● Exercise brief
Transcribe the data below verbatim from the line with "-- One of the" to the line with "icmp_server started rounds". Include both of those lines.

● Data to use
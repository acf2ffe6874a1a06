-- ===== src/Net/Tests.antt =====
-- The whole stack of src/net.c on a frame that asks for its hardware address, and on a ping.
use hitsz_network_lab.Common.{
  ℕ, ◌≡◌, refl, List, [], ◌∷◌, ◌++◌, replicate, read, write, some, true, bytes_eq, nat_eq,
}
use hitsz_network_lab.Buf
use hitsz_network_lab.Buf.{put, fetch}
use hitsz_network_lab.Buf.Fields.{fetch8, fetch16, put16}
use hitsz_network_lab.Map.{memcpy}
use hitsz_network_lab.Map
use hitsz_network_lab.Stack.{Stack, Outcome, done, fault, deref, store}
use hitsz_network_lab.Stack.Tables.{NetHandler}
use hitsz_network_lab.Stack.Example.{
  example, example_mac, example_ip, remote_ip, remote_mac, resolved,
}
use hitsz_network_lab.Utils.{swap16, checksum16, sum_words, fold_carry}
use hitsz_network_lab.Ethernet.{ether_broadcast_mac, ethernet_poll, ethernet_in, ethernet_out}
use hitsz_network_lab.Ethernet.Frame.{frame}
use hitsz_network_lab.Arp.{arp_in, arp_out}
use hitsz_network_lab.Ip.Header.{ip_header}
use hitsz_network_lab.Ip.Send.{ip_out}
use hitsz_network_lab.Ip.Receive.{ip_in, accept, deliver, is_our_packet, header}
use hitsz_network_lab.Icmp.{icmp_in, icmp_resp, seal}
use hitsz_network_lab.Icmp.Echo.{sealed}
use hitsz_network_lab.Arp.Packets.{packet}
use hitsz_network_lab.Net.{net_poll, net_in, dispatch, call_handler}

abbrev with_arp : Stack
with_arp = record example {
  net_table =
      (Map.set 1000 (Map.init 2 8 2 0 memcpy 0 NetHandler.ip_in) 0x0806 NetHandler.arp_in).1;
}

-- The handlers of IP and ICMP registered, and the remote address resolved.
abbrev with_icmp : Stack
with_icmp = record resolved {
  net_table =
      (Map.set 1000
        (Map.set 1000 (Map.init 2 8 2 0 memcpy 0 NetHandler.ip_in) 0x0800 NetHandler.ip_in).1 1
        NetHandler.icmp_in).1;
}

abbrev frames : Outcome Stack → List (List ℕ)
frames (done s) = s.sent
frames (fault e) = []

poll_arp_request :
    frames (
      net_poll
        (λ ip_out s h b ip port. done s)
        (λ ip_out s h p b ip port. done s)
        (λ s. 0)
        (λ n. true)
        1
        with_arp
        (some (
          frame ether_broadcast_mac remote_mac 0x0806
            (packet 1 remote_mac remote_ip (replicate 6 0) example_ip))))
    ≡ frame remote_mac example_mac 0x0806 (packet 2 example_mac example_ip remote_mac remote_ip)
      ∷ []
unfolding net_poll net_in dispatch call_handler ethernet_poll ethernet_out arp_in Map.lookup Map.set
    Map.init Map.entry_valid read write swap16 fetch fetch8 fetch16 put put16 deref bytes_eq
    Buf.init Buf.add_header Buf.remove_header Buf.add_padding ethernet_in
poll_arp_request = refl

-- A ping with two bytes of data, and what it carries behind type, code and checksum.
abbrev ping_rest : List ℕ
ping_rest = 0 ∷ 7 ∷ 0 ∷ 1 ∷ 97 ∷ 98 ∷ []

abbrev ping_packet : List ℕ
ping_packet = ip_header 30 0 0 1 remote_ip example_ip ++ sealed 8 0 ping_rest

poll_ping :
    frames (
      net_poll
        (λ ip_out s h b ip port. done s)
        (λ ip_out s h p b ip port. done s)
        (λ s. 0)
        (λ n. true)
        1
        with_icmp
        (some (frame example_mac remote_mac 0x0800 ping_packet)))
    ≡ frame remote_mac example_mac 0x0800
        (ip_header 30 0 0 1 example_ip remote_ip ++ sealed 0 0 ping_rest)
      ∷ []
unfolding net_poll net_in dispatch call_handler ethernet_poll ethernet_out Map.lookup Map.set
    Map.init Map.entry_valid read write swap16 fetch fetch8 fetch16 put put16 deref bytes_eq
    Buf.init Buf.add_header Buf.remove_header Buf.add_padding ethernet_in ip_in accept deliver
    is_our_packet ip_out icmp_in icmp_resp store arp_out seal header checksum16 sum_words fold_carry
    Buf.remove_padding Buf.copy
poll_ping = refl
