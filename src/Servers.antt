-- ===== src/Servers.antt =====
-- The `main` functions of app/*.c: start the stack, register a handler, and poll. `none` is a `main`
-- that returns -1 because the stack could not be started.
pub mod Tests
use hitsz_network_lab.Common.{
  ℕ, Bool, true, false, List, [], ◌∷◌, ◌==◌, Option, none, some, Status, ok, failed,
}
use hitsz_network_lab.Stack.{Stack, Outcome, done, ◌>>=◌, BufPointer}
use hitsz_network_lab.Tcp.{tcp_open}
use hitsz_network_lab.Udp.{udp_open}
use hitsz_network_lab.Ip.Send.{ip_out}
use hitsz_network_lab.Icmp.Ping.{ping_req}
use hitsz_network_lab.Echo.{echo_port, tcp_handler, udp_handler}
use hitsz_network_lab.Http.{listen_port}
use hitsz_network_lab.Net.{Started, Round, ip_input, net_poll, poll_all}

-- The handlers of a build without an application for UDP or for TCP.
abbrev pub UdpHandle : Type 0
UdpHandle =
    (Stack → BufPointer → List ℕ → ℕ → Outcome Stack)
    → Stack
    → ℕ
    → List ℕ
    → List ℕ
    → ℕ
    → Outcome Stack

abbrev pub TcpHandle : Type 0
TcpHandle =
    (Stack → BufPointer → List ℕ → ℕ → Outcome Stack)
    → Stack
    → ℕ
    → ℕ
    → List ℕ
    → List ℕ
    → ℕ
    → Outcome Stack

abbrev pub no_udp : UdpHandle
no_udp ip_out s handler bytes src_ip src_port = done s

abbrev pub no_tcp : TcpHandle
no_tcp ip_out s handler tcp_conn bytes src_ip src_port = done s

-- The handlers are known by the number 1. `fuel` bounds the depth of calls through the loopback.
module _ (rand : Stack → ℕ) (malloc : ℕ → Bool) (fuel : ℕ) where
  unfoldable pub tcp_server : Started → List Round → Outcome (Option Stack)
  unfolding poll_all tcp_open
  tcp_server started rounds = elim started.status [
    | failed ↦ done none
    | ok ↦
        poll_all no_udp (λ ip_out s handler. tcp_handler ip_out s) rand malloc fuel
          (tcp_open started.stack echo_port 1).1 rounds
        >>= λ s. done (some s)
  ]

  unfoldable pub udp_server : Started → List Round → Outcome (Option Stack)
  unfolding poll_all udp_open
  udp_server started rounds = elim started.status [
    | failed ↦ done none
    | ok ↦
        poll_all (λ ip_out s handler. udp_handler ip_out s) no_tcp rand malloc fuel
          (udp_open started.stack echo_port 1).1 rounds
        >>= λ s. done (some s)
  ]

  -- `web_handler` is that of Http for a directory of resources.
  unfoldable pub web_server : TcpHandle → Started → List Round → Outcome (Option Stack)
  unfolding poll_all tcp_open
  web_server web_handler started rounds = elim started.status [
    | failed ↦ done none
    | ok ↦
        poll_all no_udp web_handler rand malloc fuel (tcp_open started.stack listen_port 1).1 rounds
        >>= λ s. done (some s)
  ]

  -- One of the two pings of app/icmp_server.c, and the rounds that are left after it.
  unfoldable pub ping_until_finished : Stack → List ℕ → List Round → Outcome (Stack × List Round)
  unfolding ping_req net_poll
  ping_until_finished s to_ping_ip [] = done (s, [])
  ping_until_finished s to_ping_ip (round ∷ rounds) =
      ping_req (ip_out (ip_input no_udp no_tcp rand malloc fuel)) (record s { now = round.time })
        to_ping_ip
      >>= λ r. elim (r.0 == 1) [
        | true ↦ done (r.1, round ∷ rounds)
        | false ↦ net_poll no_udp no_tcp rand malloc fuel r.1 round.pkt_data >>= λ s'.
            ping_until_finished s' to_ping_ip rounds
      ]

  unfoldable pub icmp_server : Started → List Round → Outcome (Option Stack)
  unfolding ping_until_finished poll_all
  icmp_server started rounds = elim started.status [
    | failed ↦ done none
    | ok ↦ ping_until_finished started.stack (169 ∷ 254 ∷ 176 ∷ 237 ∷ []) rounds >>= λ first.
        ping_until_finished first.0 (127 ∷ 0 ∷ 0 ∷ 1 ∷ []) first.1 >>= λ second.
        poll_all no_udp no_tcp rand malloc fuel second.0 second.1 >>= λ s. done (some s)
  ]
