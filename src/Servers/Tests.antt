-- ===== src/Servers/Tests.antt =====
-- app/udp_server.c on a frame with a datagram for its port: the frame that it sends.
use hitsz_network_lab.Common.{
  ℕ, ◌≡◌, refl, true, List, [], ◌∷◌, ◌++◌, read, write, some, none, bytes_eq, nat_eq, failed, ok,
  Option,
}
use hitsz_network_lab.Buf
use hitsz_network_lab.Buf.{put, fetch}
use hitsz_network_lab.Buf.Fields.{fetch8, fetch16, put16}
use hitsz_network_lab.Map.{memcpy}
use hitsz_network_lab.Map
use hitsz_network_lab.Stack.{Stack, Outcome, done, fault, deref, store}
use hitsz_network_lab.Stack.Tables.{NetHandler}
use hitsz_network_lab.Stack.Example.{example_mac, example_ip, remote_ip, remote_mac, resolved}
use hitsz_network_lab.Utils.{swap16, checksum16, sum_words, fold_carry, transport_checksum}
use hitsz_network_lab.Ethernet.{ethernet_poll, ethernet_in, ethernet_out}
use hitsz_network_lab.Ethernet.Frame.{frame}
use hitsz_network_lab.Arp.{arp_out}
use hitsz_network_lab.Ip.Header.{ip_header}
use hitsz_network_lab.Ip.Send.{ip_out}
use hitsz_network_lab.Ip.Receive.{ip_in, accept, deliver, is_our_packet, header}
use hitsz_network_lab.Udp.{udp_in, udp_out, udp_send, udp_open}
use hitsz_network_lab.Udp.RoundTrip.{datagram}
use hitsz_network_lab.Net.{Started, net_poll, net_in, dispatch, call_handler}
use hitsz_network_lab.Echo.{echo_port, udp_handler}
use hitsz_network_lab.Monitor.{waiting}
use hitsz_network_lab.Servers.{udp_server}

abbrev with_udp : Stack
with_udp = record resolved {
  net_table =
      (Map.set 1000
        (Map.set 1000 (Map.init 2 8 2 0 memcpy 0 NetHandler.ip_in) 0x0800 NetHandler.ip_in).1 17
        NetHandler.udp_in).1;
  udp_table = Map.init 2 8 2 0 memcpy 0 0;
}

abbrev started : Started
started = record {
  status = ok;
  stack = with_udp;
  device = none;
  monitor = record { clients = []; threads = []; accepting = waiting; actions = [] };
}

abbrev frames : Outcome (Option Stack) → List (List ℕ)
frames (done (some s)) = s.sent
frames (done none) = []
frames (fault e) = []

abbrev three_bytes : List ℕ
three_bytes = 10 ∷ 20 ∷ 30 ∷ []

echoed :
    frames (
      udp_server
        (λ s. 0)
        (λ n. true)
        1
        started
        (record {
          time = 1000;
          pkt_data = some (
              frame example_mac remote_mac 0x0800 (
                ip_header 31 0 0 17 remote_ip example_ip
                ++ datagram remote_ip example_ip 5000 echo_port three_bytes));
        }
          ∷ []))
    ≡ frame remote_mac example_mac 0x0800 (
        ip_header 31 0 0 17 example_ip remote_ip
        ++ datagram example_ip remote_ip echo_port 5000 three_bytes)
      ∷ []
unfolding udp_server net_poll net_in dispatch call_handler ethernet_poll ethernet_out Map.lookup
    Map.set Map.init Map.entry_valid read write swap16 fetch fetch8 fetch16 put put16 deref bytes_eq
    Buf.init Buf.add_header Buf.remove_header Buf.add_padding ethernet_in ip_in accept deliver
    is_our_packet ip_out udp_in udp_handler udp_send udp_out udp_open transport_checksum store
    arp_out header checksum16 sum_words fold_carry Buf.remove_padding Buf.copy
echoed = refl

-- A stack that could not be started.
not_started : udp_server (λ s. 0) (λ n. true) 1 (record started { status = failed }) [] ≡ done none
unfolding udp_server
not_started = refl
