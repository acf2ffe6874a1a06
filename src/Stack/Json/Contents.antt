-- ===== src/Stack/Json/Contents.antt =====
-- What can be read back from the text of `protocol_stats_to_json`, and that it fits its buffer.
use hitsz_network_lab.Common.{
  ℕ, ◌+◌, ◌-◌, ◌^◌, ◌≤◌, ◌<◌, ◌≡◌, refl, ap, ◌∙◌, Bool, true, false, ◌&&◌, not, List, [], ◌∷◌, ◌++◌,
  length, arith, none, length-append, take-of_length_le,
}
use hitsz_network_lab.Stack.{Stack}
use hitsz_network_lab.Stack.Stats.{ProtocolStats}
use hitsz_network_lab.Text.{codes, decimal, is_digit}
use hitsz_network_lab.Text.Decimal.{numbers, numbers-decimal, length-decimal}
use hitsz_network_lab.Stack.Json.{Piece, json_pieces, print_pieces, protocol_stats_to_json}

-- The counters of a protocol in the order of the text, and those of all protocols.
abbrev pub counters : ProtocolStats → List ℕ → List ℕ
counters t rest =
    t.packets_sent ∷ t.packets_received ∷ t.bytes_sent ∷ t.bytes_received ∷ t.errors ∷ rest

abbrev pub all_counters : Stack → List ℕ
all_counters s = counters s.ip_stats (
    counters s.tcp_stats
      (counters s.udp_stats (counters s.icmp_stats (counters s.ethernet_stats []))))

-- Counters of 64 bits.
abbrev pub Fits64 : ProtocolStats → Type 0
Fits64 t =
    (t.packets_sent < 2 ^ 64)
    × (t.packets_received < 2 ^ 64)
    × (t.bytes_sent < 2 ^ 64)
    × (t.bytes_received < 2 ^ 64)
    × (t.errors < 2 ^ 64)

no_digits : List ℕ → Bool
no_digits [] = true
no_digits (c ∷ cs) = not (is_digit c) && no_digits cs

-- Texts without digits, none of them empty.
ArePieces : List Piece → Type 0
ArePieces [] = Unit {0}
ArePieces (([], n) ∷ rest) = ⊥
ArePieces ((c ∷ cs, n) ∷ rest) = (no_digits (c ∷ cs) ≡ true) × ArePieces rest

values : List Piece → List ℕ
values [] = []
values ((text, n) ∷ rest) = n ∷ values rest

numbers-no_digits :
    (cs rest : List ℕ) → no_digits cs ≡ true → numbers none (cs ++ rest) ≡ numbers none rest
unfolding no_digits numbers
numbers-no_digits [] rest h = refl
numbers-no_digits (c ∷ cs) rest h = ground (arith, numbers-no_digits cs rest)

-- A text that begins with something that is no digit.
abbrev StartsPlain : List ℕ → Type 0
StartsPlain [] = ⊥
StartsPlain (c ∷ cs) = is_digit c ≡ false

print_pieces-StartsPlain :
    (closing : List ℕ) (pieces : List Piece)
    → StartsPlain closing
    → ArePieces pieces
    → StartsPlain (print_pieces closing pieces)
unfolding print_pieces ArePieces no_digits
print_pieces-StartsPlain closing [] h k = h
print_pieces-StartsPlain closing (([], n) ∷ rest) h k = absurd k
print_pieces-StartsPlain closing ((t ∷ ts, n) ∷ rest) h (p, k) = ground arith

numbers-decimal-append :
    (n : ℕ) (rest : List ℕ)
    → StartsPlain rest
    → numbers none (decimal n ++ rest) ≡ n ∷ numbers none rest
numbers-decimal-append n [] h = absurd h
numbers-decimal-append n (c ∷ cs) h = numbers-decimal n c cs h

numbers-print_pieces :
    (closing : List ℕ) (pieces : List Piece)
    → StartsPlain closing
    → numbers none closing ≡ []
    → ArePieces pieces
    → numbers none (print_pieces closing pieces) ≡ values pieces
unfolding print_pieces values ArePieces
numbers-print_pieces closing [] plain h k = h
numbers-print_pieces closing (([], n) ∷ rest) plain h k = absurd k
numbers-print_pieces closing ((t ∷ ts, n) ∷ rest) plain h (p, k) =
    numbers-no_digits (t ∷ ts) _ p
    ∙ numbers-decimal-append n _ (print_pieces-StartsPlain closing rest plain k)
    ∙ ap (◌∷◌ n) (numbers-print_pieces closing rest plain h k)

-- The lengths of the texts, and twenty digits for each number.
room_for : List Piece → ℕ
room_for [] = 0
room_for ((text, n) ∷ rest) = length text + 20 + room_for rest

AreSmall : List Piece → Type 0
AreSmall [] = Unit {0}
AreSmall ((text, n) ∷ rest) = (n < 2 ^ 64) × AreSmall rest

length-print_pieces :
    (closing : List ℕ) (pieces : List Piece)
    → AreSmall pieces
    → length (print_pieces closing pieces) ≤ room_for pieces + length closing
unfolding print_pieces room_for AreSmall
length-print_pieces closing [] h = omega arith
length-print_pieces closing ((text, n) ∷ rest) (p, h) = omega (
  arith,
  length-append text (decimal n ++ print_pieces closing rest),
  length-append (decimal n) (print_pieces closing rest),
  length-decimal 19 n (omega arith),
  length-print_pieces closing rest h,
)

abbrev pub Fits64All : Stack → Type 0
Fits64All s =
    Fits64 s.ip_stats
    × Fits64 s.tcp_stats
    × Fits64 s.udp_stats
    × Fits64 s.icmp_stats
    × Fits64 s.ethernet_stats

json-ArePieces : (s : Stack) → ArePieces (json_pieces s)
unfolding no_digits ArePieces is_digit
json-ArePieces s = ground arith

json-AreSmall : (s : Stack) → Fits64All s → AreSmall (json_pieces s)
unfolding AreSmall
json-AreSmall s h = omega arith

json_short : (s : Stack) → Fits64All s → length (print_pieces (codes "}}") (json_pieces s)) < 2048
unfolding room_for
json_short s h = omega (arith, length-print_pieces (codes "}}") (json_pieces s) (json-AreSmall s h))

json_counters :
    (s : Stack) → numbers none (print_pieces (codes "}}") (json_pieces s)) ≡ all_counters s
unfolding values is_digit numbers
json_counters s = numbers-print_pieces (codes "}}") (json_pieces s) refl refl (json-ArePieces s)

-- With counters of 64 bits, the text fits in a buffer of 2048 bytes or more with its closing zero, so
-- it is written whole and its length is returned; the numbers in it are the 25 counters, in their
-- order.
pub protocol_stats_to_json_lem :
    (s : Stack) (buf_size : ℕ)
    → Fits64All s
    → 2048 ≤ buf_size
    → let (len, text) = protocol_stats_to_json s buf_size in
      (len ≡ length text) × (len < 2048) × (numbers none text ≡ all_counters s)
unfolding protocol_stats_to_json
protocol_stats_to_json_lem s buf_size h room =
    rw
      (take-of_length_le (buf_size - 1) (print_pieces (codes "}}") (json_pieces s))
        (omega (arith, json_short s h)))
      (refl, json_short s h, json_counters s)
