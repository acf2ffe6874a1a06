-- ===== src/Stack/Tests.antt =====
-- The text of src/protocol_stats.c for some counters.
use hitsz_network_lab.Common.{◌<◌, ◌≡◌, refl, arith, length, none}
use hitsz_network_lab.Stack.{Stack}
use hitsz_network_lab.Stack.Example.{example}
use hitsz_network_lab.Stack.Stats.{zero_stats}
use hitsz_network_lab.Stack.Json.{protocol_stats_to_json}
use hitsz_network_lab.Stack.Json.Contents.{all_counters, protocol_stats_to_json_lem}
use hitsz_network_lab.Text.{codes}
use hitsz_network_lab.Text.Decimal.{numbers}

abbrev counted : Stack
counted = record example { udp_stats = record zero_stats { packets_sent = 3; bytes_sent = 120 } }

protocol_stats_to_json_lem_example :
    let (len, text) = protocol_stats_to_json counted 8190 in
    (len ≡ length text) × (len < 2048) × (numbers none text ≡ all_counters counted)
protocol_stats_to_json_lem_example =
    protocol_stats_to_json_lem counted 8190 (omega arith) (omega arith)

-- A buffer that is too small holds the beginning, with room for the closing zero.
cut_off : (protocol_stats_to_json counted 8).1 ≡ codes "{\"ip\":{"
unfolding protocol_stats_to_json
cut_off = refl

● Response
  -- One of the two pings of app/icmp_server.c, and the rounds that are left after it.
  unfoldable pub ping_until_finished : Stack → List ℕ → List Round → Outcome (Stack × List Round)
  unfolding ping_req net_poll
  ping_until_finished s to_ping_ip [] = done (s, [])
  ping_until_finished s to_ping_ip (round ∷ rounds) =
      ping_req (ip_out (ip_input no_udp no_tcp rand malloc fuel)) (record s { now = round.time })
        to_ping_ip
      >>= λ r. elim (r.0 == 1) [
        | true ↦ done (r.1, round ∷ rounds)
        | false ↦ net_poll no_udp no_tcp rand malloc fuel r.1 round.pkt_data >>= λ s'.
            ping_until_finished s' to_ping_ip rounds
      ]

  unfoldable pub icmp_server : Started → List Round → Outcome (Option Stack)
  unfolding ping_until_finished poll_all
  icmp_server started rounds = elim started.status [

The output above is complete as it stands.